Las primeras computadoras reparadas por el Ist 17 de Julio tienen nuevos dueños

Hace un poco más de dos meses, Jimmy Guazumba, estudiante del Instituto Superior Tecnológico 17 de Julio, con el respaldo de las autoridades del plantel y con la colaboración de otros alumnos, se puso al frente de un proyecto social: ayudar a estudiantes de escasos recursos que no cuentan con una computadora en casa para cumplir con sus estudios.

El objetivo ya empezó a rendir sus primeros frutos. Hasta el momento, 8 equipos han sido puestos nuevamente en funcionamiento y también entregados a sus nuevos dueños.

La idea es recolectar computadores viejos o que la gente ya no los use, repararlos y, posteriormente, entregarlos a quienes realmente lo necesiten. Los primeros 8 computadores ya han sido entregados y 20 equipos están en proceso de reparación.

Satisfecho y alegre de poder aportar con un granito de arena durante esta complicada época debido al Covid-19, así está Jimmy Guazumba. Él, quien es miembro del Club de Ciencias del Instituto Superior Tecnológico 17 de Julio, se empoderó de la iniciativa y espera seguir contando con la ayuda de más ciudadanos o instituciones para que donen computadores dañados o que los tengan en desuso.

El propósito, según Jimmy, es entregar 100 computadoras hasta finales del presente año, en diferentes sectores de la provincia y del país. Explicó que cuatro de los equipos reparados se fueron a la comunidad Tamia Yura, en la provincia de Napo. “Por medio de una estudiante de Yachay se contactaron conmigo.
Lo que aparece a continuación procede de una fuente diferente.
-- ===== src/Scenarios.antt =====
-- apps/backend/src/modules/route-simulation: `RouteSimulationScenariosService` and its guarantees.
mod Service
pub mod Revisions
pub mod Locking
unfoldable pub use Service.*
Ellos consiguieron el transporte y vinieron a retirar las computadoras, mismas que beneficiarán a 21 estudiantes que no cuentan con este tipo de equipos”, mencionó Guazumba.

En los últimos días también entregaron 4 equipos en la parroquia San Blas (Urcuquí). Jimmy mencionó que dos de las beneficiadas fueron madres solteras, cada una con tres hijos y sin ningún computador en casa para que sus niños puedan estudiar.

Firmaron un convenio
El proyecto también llamó la atención de quienes están al frente del GAD de San Antonio de Ibarra y, por ese motivo, firmaron un convenio con el instituto.

Ellos proporcionaron un espacio y algunas herramientas para que los estudiantes del “17 de Julio” puedan trabajar en el arreglo de los equipos tecnológicos. Los futuros profesionales laboran entre cinco y siete horas diarias para poder recuperar los equipos que serán entregados a educandos de esta parroquia rural ibarreña.

Gloria Suquillo tiene 19 años y es oriunda de Urcuquí. Ella se desplaza todos los días hasta San Antonio de Ibarra para, junto con sus compañeros, trabajar en los equipos y volverlos a poner en funcionamiento.

“La vinculación forma parte de nuestra formación académica. En lo personal, estoy poniendo en práctica lo que aprendo en las aulas, pero es mucho mejor hacer lo que nos gusta para ayudar a otros estudiantes que lo necesitan y que no cuentan con una computadora”, mencionó la alumna de la carrera de Automatización e Instrumentación.